Section 30 of 11 & 12 Vict. c. 43, is now repealed as to justices' clerks' fees by 40 & 41 Vict. c. 43, s. 8, post, which substitutes other provisions. When Recognizance to be Entered into.-On an appeal from a decision of justices under ss. 2, 3, the appellant may enter into the required recognizance at any time during the three days allowed for applying for a case; and he need not enter into it simultaneously with making the application (Chapman, app. v. Robinson, resp., 23 J. P. 228; 1 E. & E. 25; 28 L. J. M. C. 30; 32 L. T. 89; 5 Jur. 434).
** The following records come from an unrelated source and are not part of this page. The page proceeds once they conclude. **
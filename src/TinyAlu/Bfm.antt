-- ===== src/TinyAlu/Bfm.antt =====
-- The bus functional model: the three loops of rustdv/tinyalu_tb/src/alu_bfm.rs, one turn at each falling edge of the
-- clock. The loops read the signals as they are at the edge; what they write is buffered until the
-- ReadWrite phase after it. What the device does with `done` and `result` is a parameter of each edge.
use rustdv.Base.{
  ℕ, ◌%◌, ◌^◌, Bool, true, false, not, ◌&&◌, List, [], ◌∷◌, ◌++◌, Option, none, some, if◌then◌else◌,
}
use rustdv.LogicArray.Codec.{Logic, low, high, x, z}
use rustdv.TinyAlu.{AluCommand, Ops, as_u64, from_u64}

-- The signals that the loops drive, where `none` is a value with unknown bits, and their queues
pub record TinyAluBfm : Type 0 where
  pub start : Logic
  pub a : Option ℕ
  pub b : Option ℕ
  pub op : Option ℕ
  pub driver_q : List AluCommand
  pub cmd_q : List AluCommand
  pub result_q : List ℕ
  pub prev_start : Bool

-- `is_high`, and the test against the text "1"
abbrev pub is_high : Logic → Bool
is_high low = false
is_high high = true
is_high x = false
is_high z = false

abbrev pub is_low : Logic → Bool
is_low low = true
is_low high = false
is_low x = false
is_low z = false

-- The signals that the driver's turn writes, and the queue that it leaves
unfoldable pub drive : TinyAluBfm → Logic → TinyAluBfm
unfolding as_u64
drive s done =
    if is_low s.start && is_low done
    then elim s.driver_q [
      | [] ↦ s
      | cmd ∷ rest ↦ record s {
        a = some cmd.a;
        b = some cmd.b;
        op = some (as_u64 cmd.op);
        start = high;
        driver_q = rest;
      }
    ]
    else if is_high s.start && is_high done
    then record s { start = low }
    else s

-- `if let Some(ops) = Ops::from_u64(opv) { let _ = q.try_put(..) }`
unfoldable pub observe : List AluCommand → ℕ → ℕ → Option Ops → List AluCommand
observe q av bv none = q
observe q av bv (some ops) = q ++ record { a = av % 2 ^ 8; b = bv % 2 ^ 8; op = ops } ∷ []

unfoldable pub observed : List AluCommand → Option ℕ → Option ℕ → Option ℕ → List AluCommand
unfolding observe from_u64
observed q (some av) (some bv) (some opv) = observe q av bv (from_u64 opv)
observed q (some av) (some bv) none = q
observed q (some av) none opv = q
observed q none bv opv = q

-- The turn of the command monitor, on the signals of `s`
unfoldable pub monitor_cmd : TinyAluBfm → List AluCommand
unfolding observed
monitor_cmd s =
    if is_high s.start && not s.prev_start then observed s.cmd_q s.a s.b s.op else s.cmd_q

-- The turn of the result monitor
unfoldable pub monitor_result : TinyAluBfm → Logic → Option ℕ → List ℕ
monitor_result s done none = s.result_q
monitor_result s done (some r) =
    if is_high s.start && is_high done then s.result_q ++ r % 2 ^ 16 ∷ [] else s.result_q

-- A falling edge with the device's `done` and `result`, and the ReadWrite phase after it
unfoldable pub falling_edge : TinyAluBfm → Logic → Option ℕ → TinyAluBfm
unfolding drive monitor_cmd monitor_result
falling_edge s done result = record (drive s done) {
  cmd_q = monitor_cmd s;
  prev_start = is_high s.start;
  result_q = monitor_result s done result;
}

-- `send_op`, whose queue has no bound
unfoldable pub send_op : TinyAluBfm → AluCommand → TinyAluBfm
send_op s cmd = record s { driver_q = s.driver_q ++ cmd ∷ [] }

-- What happens to the model: an edge, or a command sent
pub data Call : Type 0 where
  edges : Logic → Option ℕ → Call
  sends : AluCommand → Call

unfoldable pub call : TinyAluBfm → Call → TinyAluBfm
unfolding falling_edge send_op
call s (edges done result) = falling_edge s done result
call s (sends cmd) = send_op s cmd

unfoldable pub run : TinyAluBfm → List Call → TinyAluBfm
unfolding call
run s [] = s
run s (c ∷ cs) = run (call s c) cs
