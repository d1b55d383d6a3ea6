-- ===== src/Syncer/Run/Laws.antt =====
-- A second synchronisation of an offering.
use cloudstack_csi_driver.Prelude.{true, none, ◌≡◌, arith}
use cloudstack_csi_driver.Prelude.Prog.{ok, err}
use cloudstack_csi_driver.Syncer.Classes.{StorageClass, new_storage_class}
use cloudstack_csi_driver.Syncer.Classes.Laws.{check_storage_class_iff}
use cloudstack_csi_driver.Syncer.Run.{
  Cluster, Syncer, DiskOffering, sync_offering, sync_existing, sync_checked, sync_labels, name_of,
}

module _ (K : Cluster) where
  abbrev pub class_of : Syncer → DiskOffering → StorageClass
  class_of y o = new_storage_class (name_of K y o) y.labels_set o.id y.volume_expansion

  -- For an offering of customized size whose storage class is not found: if the cluster creates the
  -- class, and is then asked for it and answers with it, unchanged, and the set of labels matches
  -- itself, then the synchronisation answers with the name of the class and no error, and a second
  -- one does so, too, and leaves the state of the cluster as it is.
  pub sync_offering_twice :
      (y : Syncer) (o : DiskOffering) (s s₁ s₂ : K.State) (e : K.Error)
      → o.is_customized ≡ true
      → K.get_class (name_of K y o) s ≡ err e s₁
      → K.is_not_found e ≡ true
      → K.create_class (class_of y o) s₁ ≡ ok tt s₂
      → K.get_class (name_of K y o) s₂ ≡ ok (class_of y o) s₂
      → K.matches y.labels_set y.labels_set ≡ true
      → (sync_offering K y o s ≡ ((name_of K y o, none), s₂))
        × (sync_offering K y o s₂ ≡ ((name_of K y o, none), s₂))
  unfolding sync_offering sync_existing sync_checked sync_labels new_storage_class
  sync_offering_twice y o s s₁ s₂ e custom gone missing made kept own =
      let fine =
        (check_storage_class_iff (class_of y o) o.id y.volume_expansion (name_of K y o)
          y.labels_set).1 in
      (ground arith, ground (arith, fine))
Although an appellant from a decision of justices under 20 & 21 Vict. c. 43, must apply for a case to be stated within three days specified in s. 2, it is not necessary for him to enter into the recognizances required by s. 3 simultaneously with his application for a case to be stated. It is sufficient if he do so between the time of applying for and stating the case (Stanhope, app. v. Thorsby, resp., L. R. 1 C. P. 423; 12 Jur. 374; 14 L. T. 332; 35 L. J. M. C. 182; 14 W. R. 651).

Where a rule is moved calling upon the appellant to show cause why an appeal should not be struck out of the paper on the ground that he had not entered into his recognizance within three days, as required by s. 3, the affidavit upon which the motion is made should be entitled in the names of the parties, and not merely "for the Queen's Bench." If it be not, the court will discharge the rule as being irregular (Johnson v. Simpson, 23 J. P. 756, 775; 1 L. T. 60).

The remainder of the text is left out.